(14 of 15)
Beginning April 15, 1973, Nixon kept in almost daily touch with Henry Petersen, head of the Justice Department's criminal division, as the President cooperated fully in the Watergate investigation. St. Clair admitted that the President sometimes got confidential information from Petersen about the progress of the Justice Department's probe and passed it along to his suspect subordinates. This was not done to protect them, St. Clair argued, but to let them know that others were talking to the grand jury and so they must tell the truth. It was this kind of action by the President, sweepingly claimed St. Clair, "that resulted in Dean and Magruder cooperating with the prosecutors and the subsequent breaking of the case."
The defense brief handled other allegations against the President in far less detail. Dismissing charges that Nixon had violated the Fourth Amendment's protection of individual privacy by ordering wiretaps on Government officials and newsmen between May 1969 and February 1971, it argued that the taps were then perfectly legal and were justified by interests of national security. If Nixon had not called for such wiretaps to plug leaks from the National Security Council, St. Clair argued, "he would have failed in his constitutional responsibilities."
As for Nixon's creation of a secret White House squad of investigators, called the "plumbers," the brief argued that this too was a proper effort to protect national security and that "the President never explicitly or implicitly authorized anyone associated with this unit to commit illegal acts," including the Ellsberg burglary. Surprisingly, St. Clair claimed that Nixon deserves credit for informing the judge in the Ellsberg trial of this burglary since "there was no legal obligation to report the break-in." In fact, the judge had been seeking information about the Government's investigatory tactics against Ellsberg for weeks and dismissed the case when he learned of this White House-directed breakin.
As for charges that Nixon traded a rise in milk-price supports for a pledge of large campaign contributions from dairy producers, the brief repeated the President's public contention that he acted in response to general political and economic pressures rather than in return for campaign funds. Congress was pushing for such a raise in support, the brief noted, and Nixon might have been compelled by legislation to enact the raises anyway, because vetoing such a bill would have been politically unwise.

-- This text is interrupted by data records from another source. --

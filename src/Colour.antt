-- ===== src/Colour.antt =====
-- The colour conversion of `db_encoder_encode_bgrx` in ubuntu/src/encoder.c, for one pixel. `>> 8`
-- of a negative `int` is the arithmetic shift.
pub mod Ranges
pub mod Picture
pub mod Plane
pub mod Conversion
use display_bridge.Prelude.{ℕ, ◌+◌, ◌-◌, ◌*◌, ◌/◌, ◌%◌, ◌>>>◌, u8}
use display_bridge.Prelude.Int.{ℤ, pos, negsuc, sub_ℕ, ◌+ℤ◌}

-- `x >> 8`
unfoldable pub shift_right_8 : ℤ → ℤ
shift_right_8 (pos n) = pos (n >>> 8)
shift_right_8 (negsuc n) = negsuc (n >>> 8)

-- `(uint8_t)x`
unfoldable pub to_u8 : ℤ → ℕ
to_u8 (pos n) = u8 n
to_u8 (negsuc n) = 255 - n % 256

-- A byte of the Y plane.
unfoldable pub luma : ℕ → ℕ → ℕ → ℕ
luma b g r = u8 (((66 * r + 129 * g + 25 * b + 128) >>> 8) + 16)

-- The values before the cast of the two bytes of the UV plane.
unfoldable pub cb_value : ℕ → ℕ → ℕ → ℤ
unfolding shift_right_8
cb_value b g r = shift_right_8 (sub_ℕ (112 * b + 128) (38 * r + 74 * g)) +ℤ pos 128

unfoldable pub cr_value : ℕ → ℕ → ℕ → ℤ
unfolding shift_right_8
cr_value b g r = shift_right_8 (sub_ℕ (112 * r + 128) (94 * g + 18 * b)) +ℤ pos 128

unfoldable pub cb : ℕ → ℕ → ℕ → ℕ
unfolding cb_value to_u8
cb b g r = to_u8 (cb_value b g r)

unfoldable pub cr : ℕ → ℕ → ℕ → ℕ
unfolding cr_value to_u8
cr b g r = to_u8 (cr_value b g r)
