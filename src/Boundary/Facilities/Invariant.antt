-- ===== src/Boundary/Facilities/Invariant.antt =====
-- Lane plans, basins and features that src/swimzh/boundary/mapping.py makes of DTOs are as the
-- constructors allow them.
use swimming_in_zurich.Base.{ℕ, List, [], String, All}
use swimming_in_zurich.Base.FrozenSet.{IsCanonical, union-IsCanonical}
use swimming_in_zurich.Base.Maybe.{
  Any, Any-Given, Given, traverse, if_given_try, >>=-Given, traverse-Given, if_given_try-Given,
}
use swimming_in_zurich.Schedule.{time_range}
use swimming_in_zurich.Panel.{sorted_lanes}
use swimming_in_zurich.Boundary.Dto.{
  LaneReservationDto, LanePlanDto, LaneOutcomeDto, BasinDto, FeatureDto,
}
use swimming_in_zurich.Boundary.ScheduleTokens.{weekday_from}
use swimming_in_zurich.Boundary.FacilityTokens.{
  plan_confidence_from, basin_kind_from, basin_source_from, feature_kind_from,
}
use swimming_in_zurich.Boundary.Weekdays.{sorted_weekdays_idem, sorted_items_idem}
use swimming_in_zurich.Boundary.Schedules.{rule_from_dto, exception_from_dto}
use swimming_in_zurich.Boundary.Schedules.RoundTrip.{IsRange, IsRule, IsException}
use swimming_in_zurich.Boundary.Schedules.Invariant.{
  time_range-Given, rule_from_dto-Given, exception_from_dto-Given,
}
use swimming_in_zurich.Boundary.Plans.{
  lane_reservation_from_dto, plan_coverage_from_dto, counted_from_dto, by_weekday_from_dto,
  lane_plan_from_dto, outcome_from_dto,
}
use swimming_in_zurich.Boundary.Plans.RoundTrip.{IsReservation, IsByWeekday, IsPlan, IsOutcome}
use swimming_in_zurich.Boundary.Facilities.{basin_from_dto, feature_from_dto}
use swimming_in_zurich.Boundary.Facilities.RoundTrip.{IsBasin, IsFeature}

sorted_lanes-IsCanonical : (lanes : List ℕ) → IsCanonical (sorted_lanes lanes)
unfolding sorted_lanes
sorted_lanes-IsCanonical lanes = union-IsCanonical [] lanes tt

lane_reservation_from_dto-Given :
    (dto : LaneReservationDto) → Given IsReservation (lane_reservation_from_dto dto)
unfolding lane_reservation_from_dto
lane_reservation_from_dto-Given dto =
    >>=-Given Any IsReservation (traverse weekday_from dto.weekdays) _
      (Any-Given (traverse weekday_from dto.weekdays))
      λ ws _.
        >>=-Given IsRange IsReservation (time_range dto.start dto.end) _
          (time_range-Given dto.start dto.end)
          λ t range. (sorted_weekdays_idem ws, range, sorted_lanes-IsCanonical dto.lanes)

by_weekday_from_dto-Given :
    (items : List (String × ℕ)) → Given IsByWeekday (by_weekday_from_dto items)
unfolding by_weekday_from_dto
by_weekday_from_dto-Given items =
    >>=-Given Any IsByWeekday (traverse counted_from_dto items) _
      (Any-Given (traverse counted_from_dto items)) λ d _. sorted_items_idem d

lane_plan_from_dto-Given : (dto : LanePlanDto) → Given IsPlan (lane_plan_from_dto dto)
unfolding lane_plan_from_dto plan_coverage_from_dto
lane_plan_from_dto-Given dto =
    >>=-Given (All IsReservation) IsPlan (traverse lane_reservation_from_dto dto.reservations) _
      (traverse-Given IsReservation lane_reservation_from_dto lane_reservation_from_dto-Given
        dto.reservations)
      λ rs reservations.
        >>=-Given (λ c. IsCanonical c.unresolved_lanes) IsPlan (plan_coverage_from_dto dto.coverage)
          _
          (>>=-Given Any (λ c. IsCanonical c.unresolved_lanes)
            (plan_confidence_from dto.coverage.confidence) _
            (Any-Given (plan_confidence_from dto.coverage.confidence))
            λ _ _. sorted_lanes-IsCanonical dto.coverage.unresolved_lanes)
          λ c lanes.
            >>=-Given (Given IsByWeekday) IsPlan
              (if_given_try by_weekday_from_dto dto.lanes_by_weekday) _
              (if_given_try-Given IsByWeekday by_weekday_from_dto by_weekday_from_dto-Given
                dto.lanes_by_weekday)
              λ _ by_weekday. (reservations, lanes, by_weekday)

outcome_from_dto-Given : (dto : LaneOutcomeDto) → Given IsOutcome (outcome_from_dto dto)
unfolding outcome_from_dto
outcome_from_dto-Given LaneOutcomeDto.no_plan = tt
outcome_from_dto-Given (LaneOutcomeDto.unavailable u) = tt
outcome_from_dto-Given (LaneOutcomeDto.parsed p) =
    >>=-Given IsPlan IsOutcome (lane_plan_from_dto p) _ (lane_plan_from_dto-Given p) λ _ h. h

pub basin_from_dto-Given :
    (casefold : String → String) (dto : BasinDto)
    → Given (IsBasin casefold) (basin_from_dto casefold dto)
unfolding basin_from_dto
basin_from_dto-Given casefold dto =
    >>=-Given (All IsRule) (IsBasin casefold) (traverse rule_from_dto dto.rules) _
      (traverse-Given IsRule rule_from_dto rule_from_dto-Given dto.rules)
      λ _ rules.
        >>=-Given (All (IsException casefold)) (IsBasin casefold)
          (traverse (exception_from_dto casefold) dto.exceptions) _
          (traverse-Given (IsException casefold) (exception_from_dto casefold)
            (exception_from_dto-Given casefold) dto.exceptions)
          λ _ exceptions.
            >>=-Given Any (IsBasin casefold) (basin_kind_from dto.kind) _
              (Any-Given (basin_kind_from dto.kind))
              λ _ _.
                >>=-Given Any (IsBasin casefold) (basin_source_from dto.physical_source) _
                  (Any-Given (basin_source_from dto.physical_source))
                  λ _ _.
                    >>=-Given IsOutcome (IsBasin casefold) (outcome_from_dto dto.lane_plan) _
                      (outcome_from_dto-Given dto.lane_plan) λ _ plan. (rules, exceptions, plan)

pub feature_from_dto-Given : (dto : FeatureDto) → Given IsFeature (feature_from_dto dto)
unfolding feature_from_dto
feature_from_dto-Given dto =
    >>=-Given Any IsFeature (feature_kind_from dto.kind) _ (Any-Given (feature_kind_from dto.kind))
      λ _ _.
        >>=-Given (All IsRule) IsFeature (traverse rule_from_dto dto.hours) _
          (traverse-Given IsRule rule_from_dto rule_from_dto-Given dto.hours) λ _ hours. hours
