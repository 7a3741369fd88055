-- ===== src/Build.antt =====
-- src/swimzh/build: how the facts of several sources become one gold document per pool.
pub mod Reconcile
pub mod Bindings
pub mod Compose
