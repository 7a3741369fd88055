-- ===== src/Build/Bindings.antt =====
-- The basins of src/swimzh/build/compose.py: whose timetable a pool takes, and the curated lane
-- bindings that a scraped one carries. `none` is the ValueError of a build that cannot tell which
-- timetable a lane basin has.
use swimming_in_zurich.Base.{
  ℕ, zero, suc, ◌-◌, Bool, true, false, not, any, keep, nonempty, if◌then◌else◌, Option, none, some,
  List, [], ◌∷◌, ◌++◌, String, str_eq, map, length,
}
use swimming_in_zurich.Base.Maybe.{◌>>=◌}
use swimming_in_zurich.Text.{join, decimal}
use swimming_in_zurich.Schedule.{ScheduleRule}
use swimming_in_zurich.Models.{LanePlanSource, Basin, Facility}

unfoldable pub has_schedule : List Basin → Bool
has_schedule basins = any (λ (b : Basin). nonempty b.rules) basins

abbrev pub url_of : Option LanePlanSource → List String
url_of none = []
url_of (some source) = source.url ∷ []

-- `{b.lane_plan_source.url for b in basins if b.lane_plan_source is not None}`
unfoldable pub urls_of : List Basin → List String
urls_of [] = []
urls_of (b ∷ bs) = url_of b.lane_plan_source ++ urls_of bs

abbrev pub is_bound : List String → Option LanePlanSource → Bool
is_bound scraped_urls none = false
is_bound scraped_urls (some source) = not (any (str_eq source.url) scraped_urls)

-- `bound`
unfoldable pub bound_basins : List String → List Basin → List Basin
bound_basins scraped_urls basins =
    keep (λ (b : Basin). is_bound scraped_urls b.lane_plan_source) basins

-- `replace(basin, rules=timetable)`
abbrev pub with_rules : List ScheduleRule → Basin → Basin
with_rules timetable basin = record {
  basin_id = basin.basin_id;
  name = basin.name;
  rules = timetable;
  exceptions = basin.exceptions;
  kind = basin.kind;
  dimensions = basin.dimensions;
  lanes = basin.lanes;
  nominal_temp_c = basin.nominal_temp_c;
  measured_temp_c = basin.measured_temp_c;
  diving_platforms_m = basin.diving_platforms_m;
  physical_source = basin.physical_source;
  lane_plan_source = basin.lane_plan_source;
  lane_plan = basin.lane_plan;
}

-- The end of `_carry_bindings`, by the scraped basins that bear rules.
abbrev pub carry : List Basin → List Basin → List Basin → Option (List Basin)
carry scraped bound [] = some (scraped ++ bound)
carry scraped bound (b ∷ []) = some (scraped ++ map (with_rules b.rules) bound)
carry scraped bound (b ∷ c ∷ rest) = none

-- `_carry_bindings`
unfoldable pub carry_bindings : List Basin → List Basin → Option (List Basin)
unfolding bound_basins urls_of
carry_bindings scraped_basins curated_basins =
    carry scraped_basins (bound_basins (urls_of scraped_basins) curated_basins)
      (keep (λ (b : Basin). nonempty b.rules) scraped_basins)

-- `by_source`: a key that is missing is `none`.
pub record BySource : Type 0 where
  pub curated : Option Facility
  pub scraped : Option Facility

abbrev pub basins_of : Option Facility → List Basin
basins_of none = []
basins_of (some f) = f.basins

-- `_merge_basins`: the basins, the note, and whether the scraped timetable won.
pub record MergedBasins : Type 0 where
  pub basins : List Basin
  pub note : List String
  pub scraped_schedule : Bool

unfoldable pub carried_note : ℕ → List String
unfolding join decimal
carried_note zero = []
carried_note (suc n) =
    join "" ("basins: scraped schedule + " ∷ decimal (suc n) ∷ " curated lane binding(s)" ∷ []) ∷ []

unfoldable pub merge_basins : BySource → Option MergedBasins
unfolding has_schedule carry_bindings carried_note
merge_basins by_source =
    let curated = basins_of by_source.curated in
    let scraped = basins_of by_source.scraped in
    let carried = (do
      merged ← carry_bindings scraped curated
      some (record {
        basins = merged;
        note = carried_note (length merged - length scraped);
        scraped_schedule = true;
      })) in
    if has_schedule curated
    then some (record { basins = curated; note = []; scraped_schedule = false })
    else if has_schedule scraped
    then carried
    else some (record {
      basins = if nonempty curated then curated else scraped;
      note = [];
      scraped_schedule = false;
    })
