-- ===== src/Registry.antt =====
-- src/swimzh/domain/registry.py: the registry of the pools' identities. A dict is the list of its
-- items; `none` is a ValueError.
pub mod Index
pub mod Crosswalk
use swimming_in_zurich.Base.{
  Bool, true, false, if◌then◌else◌, Option, none, some, is_none, List, [], ◌∷◌, String, str_eq,
}
use swimming_in_zurich.Text.{normalize}
use swimming_in_zurich.Closure.{lookup}
use swimming_in_zurich.Models.{PoolIdentity}

-- `d[key] = value`
unfoldable pub put : {A : Type 0} → String → A → List (String × A) → List (String × A)
put key value [] = (key, value) ∷ []
put key value ((k, v) ∷ rest) =
    if str_eq key k then (k, value) ∷ rest else (k, v) ∷ put key value rest

pub record Registry : Type 0 where
  pub by_id : List (String × PoolIdentity)
  pub alias_index : List (String × String)

-- `existing is not None and existing != fid`
unfoldable pub is_taken : Option String → String → Bool
is_taken none fid = false
is_taken (some existing) fid = if str_eq existing fid then false else true

-- The loop over the name and the aliases.
unfoldable pub index_aliases :
    (String → String)
    → String
    → List String
    → List (String × String)
    → Option (List (String × String))
unfolding is_taken put normalize
index_aliases casefold fid [] index = some index
index_aliases casefold fid (alias ∷ aliases) index =
    let key = normalize casefold alias in
    let rest = index_aliases casefold fid aliases (put key fid index) in
    if is_taken (lookup key index) fid then none else rest

-- `(identity.name, *identity.aliases)`
abbrev pub names_of : PoolIdentity → List String
names_of identity = identity.name ∷ identity.aliases

abbrev pub with_index :
    List (String × PoolIdentity) → Option (List (String × String)) → Option Registry
with_index by_id none = none
with_index by_id (some index) = some (record { by_id = by_id; alias_index = index })

-- `_register`
unfoldable pub register : (String → String) → PoolIdentity → Registry → Option Registry
unfolding index_aliases
register casefold identity r =
    let fid = identity.facility_id in
    if is_none (lookup fid r.by_id)
    then with_index (put fid identity r.by_id)
        (index_aliases casefold fid (names_of identity) r.alias_index)
    else none

abbrev pub and_then : Option Registry → (Registry → Option Registry) → Option Registry
and_then none next = none
and_then (some r) next = next r

unfoldable pub register_all : (String → String) → List PoolIdentity → Registry → Option Registry
register_all casefold [] r = some r
register_all casefold (identity ∷ identities) r =
    and_then (register casefold identity r) (register_all casefold identities)

-- `Registry(identities)`
unfoldable pub registry : (String → String) → List PoolIdentity → Option Registry
unfolding register_all
registry casefold identities =
    register_all casefold identities (record { by_id = []; alias_index = [] })

-- `get`
unfoldable pub get : Registry → String → Option PoolIdentity
get r facility_id = lookup facility_id r.by_id
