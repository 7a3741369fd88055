-- ===== src/Build/Compose.antt =====
-- src/swimzh/build/compose.py: one facility per pool from a curated and a scraped one. `none` is the
-- ValueError of a build that cannot tell which timetable a lane basin has.
pub mod Basins
pub mod Fold
pub mod Ids
use swimming_in_zurich.Base.{
  ℕ, zero, suc, ◌-◌, Bool, true, false, not, ◌&&◌, any, keep, nonempty, is_none, if◌then◌else◌,
  Option, none, some, List, [], ◌∷◌, ◌++◌, String, str_eq, map, length,
}
use swimming_in_zurich.Base.Maybe.{◌>>=◌}
use swimming_in_zurich.Base.Sort.{sort}
use swimming_in_zurich.Text.{join, decimal, str_le}
use swimming_in_zurich.Errors.{Datetime}
use swimming_in_zurich.Closure.{lookup}
use swimming_in_zurich.Registry.{put}
use swimming_in_zurich.Schedule.{ScheduleRule, ClosureRange, HolidayPolicy}
use swimming_in_zurich.Build.Bindings.{BySource, MergedBasins, merge_basins}
use swimming_in_zurich.Models.{
  GeoPoint, PoolKind, Provenance, LanePlanSource, Basin, Notice, Feature, LockerOption, RentalItem,
  Admission, free, tariff, unknown, OperatingSeason, Facility,
}

pub record ScrapedAspects : Type 0 where
  pub name : String
  pub kind : PoolKind
  pub address : String
  pub geo : Option GeoPoint
  pub basins : List Basin
  pub closures : List ClosureRange
  pub notices : List Notice
  pub admission : Admission
  pub fetched_at : Datetime
  pub features : List Feature
  pub lockers : List LockerOption
  pub rentals : List RentalItem
  pub public_holiday_policy : Option HolidayPolicy
  -- Seconds.
  pub last_admission_before : Option ℕ
  pub operating_season : Option OperatingSeason

-- `_scraped_facility`
unfoldable pub scraped_facility : String → ScrapedAspects → Facility
scraped_facility pool_id aspects = record {
  identity = record {
    facility_id = pool_id;
    name = aspects.name;
    kind = aspects.kind;
    geo_sport_id = none;
    crowdmonitor_keys = [];
    baditicker_poiid = none;
    aliases = [];
  };
  address = aspects.address;
  provenance = record {
    source = "schedule_scraper";
    curated = false;
    valid_as_of = some aspects.fetched_at.date;
    fetched_at = some aspects.fetched_at;
  };
  basins = aspects.basins;
  geo = aspects.geo;
  closures = aspects.closures;
  public_holiday_policy = aspects.public_holiday_policy;
  operating_season = aspects.operating_season;
  admission = aspects.admission;
  notices = aspects.notices;
  features = aspects.features;
  lockers = aspects.lockers;
  rentals = aspects.rentals;
  last_admission_before = aspects.last_admission_before;
}

unfoldable pub is_known_admission : Admission → Bool
is_known_admission free = true
is_known_admission (tariff _) = true
is_known_admission unknown = false

abbrev pub is_given : {A : Type 0} → Option A → Bool
is_given o = not (is_none o)

-- The value of an aspect that a source supplies.
abbrev pub supplied : {A : Type 0} → (A → Bool) → (Facility → A) → Option Facility → Option A
supplied present aspect none = none
supplied present aspect (some f) = if present (aspect f) then some (aspect f) else none

-- An aspect after its row of `_ASPECTS`, curated first, over the value of the base.
abbrev pub choose : {A : Type 0} → Option A → Option A → A → A
choose (some a) _ base = a
choose none (some b) base = b
choose none none base = base

unfoldable pub kept_note : String → String → String
unfolding join
kept_note name aspect =
    join "" (name ∷ ": " ∷ aspect ∷ " kept from curated (also supplied by scraped)" ∷ [])

abbrev pub choice_note : {A : Type 0} → String → String → Option A → Option A → List String
choice_note name aspect (some _) (some _) = kept_note name aspect ∷ []
choice_note name aspect none _ = []
choice_note name aspect (some _) none = []

-- The value and the note of one aspect.
unfoldable pub fold_aspect :
    {A : Type 0} → String → (A → Bool) → (Facility → A) → BySource → Facility → A × List String
unfolding kept_note
fold_aspect aspect present field by_source base =
    let curated = supplied present field by_source.curated in
    let scraped = supplied present field by_source.scraped in
    (choose curated scraped (field base), choice_note base.identity.name aspect curated scraped)

abbrev pub provenance_of : Bool → Option Facility → Facility → Provenance
provenance_of true (some scraped) base = scraped.provenance
provenance_of true none base = base.provenance
provenance_of false _ base = base.provenance

abbrev basin_notes : String → List String → List String
basin_notes name [] = []
basin_notes name (note ∷ notes) = join "" (name ∷ ": " ∷ note ∷ []) ∷ basin_notes name notes

-- `by_source.get(CURATED) or by_source[SCRAPED]`; `none` is a KeyError.
abbrev pub base_of : BySource → Option Facility
base_of by_source = if is_none by_source.curated then by_source.scraped else by_source.curated

unfoldable pub fold_from : BySource → Facility → MergedBasins → Facility × List String
unfolding fold_aspect is_known_admission join
fold_from by_source base merged =
    let (admission, n1) =
      fold_aspect "admission" is_known_admission (λ (f : Facility). f.admission) by_source base in
    let (closures, n2) =
      fold_aspect "closures" nonempty (λ (f : Facility). f.closures) by_source base in
    let (notices, n3) =
      fold_aspect "notices" nonempty (λ (f : Facility). f.notices) by_source base in
    let (geo, n4) = fold_aspect "geo" is_given (λ (f : Facility). f.geo) by_source base in
    let (features, n5) =
      fold_aspect "features" nonempty (λ (f : Facility). f.features) by_source base in
    let (lockers, n6) =
      fold_aspect "lockers" nonempty (λ (f : Facility). f.lockers) by_source base in
    let (rentals, n7) =
      fold_aspect "rentals" nonempty (λ (f : Facility). f.rentals) by_source base in
    let (policy, n8) =
      fold_aspect "public_holiday_policy" is_given (λ (f : Facility). f.public_holiday_policy)
        by_source base in
    let (last, n9) =
      fold_aspect "last_admission_before" is_given (λ (f : Facility). f.last_admission_before)
        by_source base in
    let (season, n10) =
      fold_aspect "operating_season" is_given (λ (f : Facility). f.operating_season) by_source
        base in
    (
      record {
        identity = base.identity;
        address = base.address;
        provenance = provenance_of merged.scraped_schedule by_source.scraped base;
        basins = merged.basins;
        geo = geo;
        closures = closures;
        public_holiday_policy = policy;
        operating_season = season;
        admission = admission;
        notices = notices;
        features = features;
        lockers = lockers;
        rentals = rentals;
        last_admission_before = last;
      },
      n1
          ++ n2
          ++ n3
          ++ n4
          ++ n5
          ++ n6
          ++ n7
          ++ n8
          ++ n9
          ++ n10
          ++ basin_notes base.identity.name merged.note,
    )

-- `_fold`
unfoldable pub fold : BySource → Option (Facility × List String)
unfolding fold_from merge_basins
fold by_source = do
  base ← base_of by_source
  merged ← merge_basins by_source
  some (fold_from by_source base merged)

pub record Composition : Type 0 where
  pub facilities : List Facility
  pub notes : List String

-- `{str(f.identity.facility_id): f for f in facilities}`
unfoldable pub facilities_by_id :
    List (String × Facility) → List Facility → List (String × Facility)
unfolding put
facilities_by_id d [] = d
facilities_by_id d (f ∷ fs) = facilities_by_id (put f.identity.facility_id f d) fs

abbrev pub key_of : String × Facility → String
key_of (key, _) = key

-- `sorted(curated.keys() | scraped.keys())`
unfoldable pub pool_keys : List (String × Facility) → List (String × Facility) → List String
unfolding sort str_le
pool_keys curated scraped =
    sort str_le
      (map key_of curated ++ keep (λ key. is_none (lookup key curated)) (map key_of scraped))

-- The loop over the keys.
unfoldable pub fold_pools :
    List (String × Facility) → List (String × Facility) → List String → Option Composition
unfolding fold lookup
fold_pools curated scraped [] = some (record { facilities = []; notes = [] })
fold_pools curated scraped (key ∷ keys) = do
  (merged, pool_notes) ←
      fold (record { curated = lookup key curated; scraped = lookup key scraped })
  rest ← fold_pools curated scraped keys
  some (record { facilities = merged ∷ rest.facilities; notes = pool_notes ++ rest.notes })

unfoldable pub compose_facilities : List Facility → List Facility → Option Composition
unfolding facilities_by_id pool_keys fold_pools
compose_facilities curated scraped =
    let curated_by_id = facilities_by_id [] curated in
    let scraped_by_id = facilities_by_id [] scraped in
    fold_pools curated_by_id scraped_by_id (pool_keys curated_by_id scraped_by_id)

abbrev scraped_one : String × ScrapedAspects → Facility
scraped_one (pool_id, aspects) = scraped_facility pool_id aspects

unfoldable pub compose : List Facility → List (String × ScrapedAspects) → Option Composition
unfolding compose_facilities scraped_facility
compose curated scraped = compose_facilities curated (map scraped_one scraped)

Finally, the brief tried to rebut charges that Nixon used the IRS machinery to harass political opponents. St. Clair contended that if Nixon's aides wrote memos to IRS officials seeking special tax treatment of political opponents, no such tax harassment was actually carried out. Ironically, the brief cited the "highly principled" character of the President's appointed IRS commissioners as substantiation that no White House pressure influenced them.